Work task »
Which of the lines in the records below hold the string "sign"? Copy every one of them.
Start of Supplied data
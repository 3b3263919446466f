-- ===== src/Kernel.antt =====
-- android/tunnel/tools/amneziawg-tools/src/ipc-linux.h: the messages to and from the kernel. The
-- netlink library is a parameter: the sizes that it counts, and what the kernel answers. A message is
-- the list of the attributes that were put into it, with its length as the library counts it.
pub mod Device
pub mod Peer
pub mod Set
pub mod Coalesce
pub mod Received
pub mod Get
use router1_app.Prelude.{
  ℕ, suc, ◌+◌, ◌≤◌, Bool, Option, none, some, List, [], ◌∷◌, ◌++◌, leb, if◌then◌else◌, Bytes,
  Outcome, ok, fault, length,
}
use router1_app.Containers.{Family, AllowedIp, SockAddr, af_inet, af_inet6}

-- The attributes of the program, each with its payload.
pub data Attr : Type 0 where
  ifname : Bytes → Attr
  private_key : Bytes → Attr
  listen_port : ℕ → Attr
  jc : ℕ → Attr
  jmin : ℕ → Attr
  jmax : ℕ → Attr
  s1 : ℕ → Attr
  s2 : ℕ → Attr
  s3 : ℕ → Attr
  s4 : ℕ → Attr
  h1_text : Bytes → Attr
  h1 : ℕ → Attr
  h2_text : Bytes → Attr
  h2 : ℕ → Attr
  h3_text : Bytes → Attr
  h3 : ℕ → Attr
  h4_text : Bytes → Attr
  h4 : ℕ → Attr
  i1 : Bytes → Attr
  i2 : Bytes → Attr
  i3 : Bytes → Attr
  i4 : Bytes → Attr
  i5 : Bytes → Attr
  fwmark : ℕ → Attr
  device_flags : ℕ → Attr
  public_key : Bytes → Attr
  preshared_key : Bytes → Attr
  endpoint : SockAddr → Attr
  persistent_keepalive_interval : ℕ → Attr
  awg : Attr
  peer_flags : ℕ → Attr
  family : Family → Attr
  ipaddr : AllowedIp → Attr
  cidr_mask : ℕ → Attr

-- sizeof(struct sockaddr_in) and sizeof(struct sockaddr_in6), and those of their addresses.
abbrev pub sockaddr_len : Family → ℕ
sockaddr_len af_inet = 16
sockaddr_len f = 28

abbrev pub addr_len : Family → ℕ
addr_len af_inet = 4
addr_len f = 16

-- The length of the payload; a text is put with its NUL.
abbrev pub payload_len : Attr → ℕ
payload_len (ifname text) = length text + 1
payload_len (private_key key) = 32
payload_len (listen_port n) = 2
payload_len (jc n) = 2
payload_len (jmin n) = 2
payload_len (jmax n) = 2
payload_len (s1 n) = 2
payload_len (s2 n) = 2
payload_len (s3 n) = 2
payload_len (s4 n) = 2
payload_len (h1_text text) = length text + 1
payload_len (h1 n) = 4
payload_len (h2_text text) = length text + 1
payload_len (h2 n) = 4
payload_len (h3_text text) = length text + 1
payload_len (h3 n) = 4
payload_len (h4_text text) = length text + 1
payload_len (h4 n) = 4
payload_len (i1 text) = length text + 1
payload_len (i2 text) = length text + 1
payload_len (i3 text) = length text + 1
payload_len (i4 text) = length text + 1
payload_len (i5 text) = length text + 1
payload_len (fwmark n) = 4
payload_len (device_flags n) = 4
payload_len (public_key key) = 32
payload_len (preshared_key key) = 32
payload_len (endpoint addr) = sockaddr_len addr.sa_family
payload_len (persistent_keepalive_interval n) = 2
payload_len awg = 0
payload_len (peer_flags n) = 4
payload_len (family f) = 2
payload_len (ipaddr a) = addr_len a.family
payload_len (cidr_mask n) = 1

-- One peer of a message: its own attributes, and those of its allowed addresses.
pub record Part : Type 0 where
  pub attrs : List Attr
  pub allowedips : List (List Attr)

-- One message: the attributes of the device, and its peers.
pub record Message : Type 0 where
  pub device : List Attr
  pub parts : List Part

-- The library and the kernel: the version of the protocol; SOCKET_BUFFER_SIZE; the length of a
-- message as mnlg_msg_prepare leaves it; the length of an attribute with so long a payload, its header
-- and padding included; the error of mnlg_socket_open, if any; and the error in the answer to a
-- message, if any, after the messages sent before it.
pub record Netlink : Type 0 where
  pub version : ℕ
  pub capacity : ℕ
  pub header_len : ℕ
  pub attr_len : ℕ → ℕ
  pub open_error : Option ℕ
  pub error : List Message → Message → Option ℕ

-- The attributes put so far at one level, and the length of the whole message.
pub record Nest : Type 0 where
  pub attrs : List Attr
  pub len : ℕ

-- mnl_attr_put, which tests nothing: a write behind the buffer is a fault.
unfoldable pub put : Netlink → Nest → Attr → Outcome Nest
put n m a =
    let len = m.len + n.attr_len (payload_len a) in
    if leb len n.capacity then ok (record { attrs = m.attrs ++ (a ∷ []); len = len }) else fault

-- mnl_attr_put_check, where the answer `false` is `none`.
unfoldable pub put_check : Netlink → Nest → Attr → Option Nest
put_check n m a =
    let len = m.len + n.attr_len (payload_len a) in
    if leb len n.capacity then some (record { attrs = m.attrs ++ (a ∷ []); len = len }) else none

-- mnl_attr_nest_start and mnl_attr_nest_start_check on a message of so many bytes.
unfoldable pub nest_start : Netlink → ℕ → Outcome Nest
nest_start n len =
    let len' = len + n.attr_len 0 in
    if leb len' n.capacity then ok (record { attrs = []; len = len' }) else fault

unfoldable pub nest_start_check : Netlink → ℕ → Option Nest
nest_start_check n len =
    let len' = len + n.attr_len 0 in
    if leb len' n.capacity then some (record { attrs = []; len = len' }) else none
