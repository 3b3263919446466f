-- ===== src/Setconf.antt =====
-- android/tunnel/tools/amneziawg-tools/src/setconf.c: `sync_conf`, and the subcommands setconf,
-- addconf and syncconf. An allocation is taken to succeed.
pub mod Removals
pub mod Main
pub mod Files
pub mod Sent
pub mod Order
pub mod Sorted
pub mod Gone
pub mod Sync
use Prim.Native.Nat.{compare, Ordering}
use router1_app.Prelude.{
  Bool, true, false, not, ◌||◌, Option, none, some, List, [], ◌∷◌, ◌++◌, if◌then◌else◌, Bytes,
  Outcome, ok, fail,
}
use router1_app.Containers.{Peer, Device, zero_peer}
use router1_app.Containers.Flags.{clear_flag}
use router1_app.Containers.DeviceFlag
use router1_app.Containers.PeerFlag

-- struct pubkey_origin; the pointer stands for the key that it points to.
pub record PubkeyOrigin : Type 0 where
  pub pubkey : Bytes
  pub from_file : Bool

-- The sign of `memcmp` on two keys: that of the first bytes that differ.
unfoldable pub memcmp : Bytes → Bytes → Ordering
memcmp [] b = Ordering.eq
memcmp (x ∷ a) [] = Ordering.eq
memcmp (x ∷ a) (y ∷ b) = elim (compare x y) [
  | Ordering.lt ↦ Ordering.lt
  | Ordering.eq ↦ memcmp a b
  | Ordering.gt ↦ Ordering.gt
]

-- The sign of `a->from_file - b->from_file`.
abbrev pub compare_origin : Bool → Bool → Ordering
compare_origin true true = Ordering.eq
compare_origin true false = Ordering.gt
compare_origin false true = Ordering.lt
compare_origin false false = Ordering.eq

unfoldable pub pubkey_cmp : PubkeyOrigin → PubkeyOrigin → Ordering
unfolding memcmp
pubkey_cmp a b = elim (memcmp a.pubkey b.pubkey) [
  | Ordering.eq ↦ compare_origin a.from_file b.from_file
  | Ordering.lt ↦ Ordering.lt
  | Ordering.gt ↦ Ordering.gt
]

abbrev pub is_gt : Ordering → Bool
is_gt Ordering.gt = true
is_gt Ordering.eq = false
is_gt Ordering.lt = false

-- `qsort` by pubkey_cmp. Elements that compare equal have the same key and origin, so every sort
-- gives this list.
unfoldable pub insert : PubkeyOrigin → List PubkeyOrigin → List PubkeyOrigin
unfolding pubkey_cmp
insert a [] = a ∷ []
insert a (b ∷ l) = let later = b ∷ insert a l in if is_gt (pubkey_cmp a b) then later else a ∷ b ∷ l

unfoldable pub qsort : List PubkeyOrigin → List PubkeyOrigin
unfolding insert
qsort [] = []
qsort (a ∷ l) = insert a (qsort l)

-- The first loops: the keys of a list of peers with their origin.
unfoldable pub origins : Bool → List Peer → List PubkeyOrigin
origins from_file [] = []
origins from_file (p ∷ peers) =
    record { pubkey = p.public_key; from_file = from_file } ∷ origins from_file peers

abbrev pub is_eq : Ordering → Bool
is_eq Ordering.eq = true
is_eq Ordering.gt = false
is_eq Ordering.lt = false

-- `i == peer_count - 1 || !pubkeys[i + 1].from_file || memcmp(...)`.
unfoldable pub is_gone : Bytes → List PubkeyOrigin → Bool
unfolding memcmp
is_gone key [] = true
is_gone key (b ∷ l) = not b.from_file || not (is_eq (memcmp key b.pubkey))

abbrev pub removal : Bytes → Peer
removal key = record zero_peer { flags = PeerFlag.remove_me; public_key = key }

-- The loop over the sorted keys; each removal goes in front of the file's peers.
unfoldable pub sync_loop : List PubkeyOrigin → List Peer → List Peer
unfolding is_gone
sync_loop [] peers = peers
sync_loop (a ∷ l) peers =
    sync_loop l (
      if a.from_file then peers else if is_gone a.pubkey l then removal a.pubkey ∷ peers else peers)

abbrev pub is_empty : List Peer → Bool
is_empty [] = true
is_empty (p ∷ peers) = false

-- `runtime` is the answer of `ipc_get_device`, `none` if it failed.
unfoldable pub sync_conf : Option Device → Device → Outcome Device
unfolding origins qsort sync_loop
sync_conf runtime file = if is_empty file.peers then ok file else elim runtime [
  | none ↦ fail
  | some r ↦
      if is_empty r.peers
      then ok file
      else ok (record file {
        flags = clear_flag file.flags DeviceFlag.replace_peers;
        peers = sync_loop (qsort (origins true file.peers ++ origins false r.peers)) file.peers;
      })
]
End of Supplied data
Output of the exercise »
-- The sign of `memcmp` on two keys: that of the first bytes that differ.
-- The sign of `a->from_file - b->from_file`.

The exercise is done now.